Word for word, set down the entries that follow.
————
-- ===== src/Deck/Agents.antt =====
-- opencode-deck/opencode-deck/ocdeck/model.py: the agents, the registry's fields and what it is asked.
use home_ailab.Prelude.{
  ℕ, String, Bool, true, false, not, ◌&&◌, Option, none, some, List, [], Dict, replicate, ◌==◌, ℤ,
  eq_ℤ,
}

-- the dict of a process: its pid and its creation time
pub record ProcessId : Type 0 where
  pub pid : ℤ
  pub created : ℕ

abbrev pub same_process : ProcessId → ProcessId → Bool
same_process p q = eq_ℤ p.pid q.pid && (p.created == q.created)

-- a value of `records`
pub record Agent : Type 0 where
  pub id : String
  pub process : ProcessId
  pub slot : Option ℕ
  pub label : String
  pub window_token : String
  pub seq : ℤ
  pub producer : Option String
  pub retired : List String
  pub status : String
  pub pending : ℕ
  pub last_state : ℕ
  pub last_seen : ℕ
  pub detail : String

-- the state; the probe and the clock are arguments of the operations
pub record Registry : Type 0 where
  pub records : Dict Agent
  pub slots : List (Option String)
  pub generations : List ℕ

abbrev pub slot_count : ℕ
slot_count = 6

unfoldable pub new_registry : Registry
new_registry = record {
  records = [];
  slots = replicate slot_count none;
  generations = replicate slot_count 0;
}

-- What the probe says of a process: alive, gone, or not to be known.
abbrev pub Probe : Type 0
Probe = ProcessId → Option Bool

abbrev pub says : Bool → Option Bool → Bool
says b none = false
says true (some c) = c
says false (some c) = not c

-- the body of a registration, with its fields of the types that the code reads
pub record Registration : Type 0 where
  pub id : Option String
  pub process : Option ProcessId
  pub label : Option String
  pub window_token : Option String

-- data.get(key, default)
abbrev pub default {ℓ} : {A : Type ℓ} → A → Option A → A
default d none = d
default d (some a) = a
————
→ Written answer:
-- ===== src/Deck/Agents.antt =====
-- opencode-deck/opencode-deck/ocdeck/model.py: the agents, the registry's fields and what it is asked.
use home_ailab.Prelude.{
  ℕ, String, Bool, true, false, not, ◌&&◌, Option, none, some, List, [], Dict, replicate, ◌==◌, ℤ,
  eq_ℤ,
}

-- the dict of a process: its pid and its creation time
pub record ProcessId : Type 0 where
  pub pid : ℤ
  pub created : ℕ

abbrev pub same_process : ProcessId → ProcessId → Bool
same_process p q = eq_ℤ p.pid q.pid && (p.created == q.created)

-- a value of `records`
pub record Agent : Type 0 where
  pub id : String
  pub process : ProcessId
  pub slot : Option ℕ
  pub label : String
  pub window_token : String
  pub seq : ℤ
  pub producer : Option String
  pub retired : List String
  pub status : String
  pub pending : ℕ
  pub last_state : ℕ
  pub last_seen : ℕ
  pub detail : String

-- the state; the probe and the clock are arguments of the operations
pub record Registry : Type 0 where
  pub records : Dict Agent
  pub slots : List (Option String)
  pub generations : List ℕ

abbrev pub slot_count : ℕ
slot_count = 6

unfoldable pub new_registry : Registry
new_registry = record {
  records = [];
  slots = replicate slot_count none;
  generations = replicate slot_count 0;
}

-- What the probe says of a process: alive, gone, or not to be known.
abbrev pub Probe : Type 0
Probe = ProcessId → Option Bool

abbrev pub says : Bool → Option Bool → Bool
says b none = false
says true (some c) = c
says false (some c) = not c

-- the body of a registration, with its fields of the types that the code reads
pub record Registration : Type 0 where
  pub id : Option String
  pub process : Option ProcessId
  pub label : Option String
  pub window_token : Option String

-- data.get(key, default)
abbrev pub default {ℓ} : {A : Type ℓ} → A → Option A → A
default d none = d
default d (some a) = a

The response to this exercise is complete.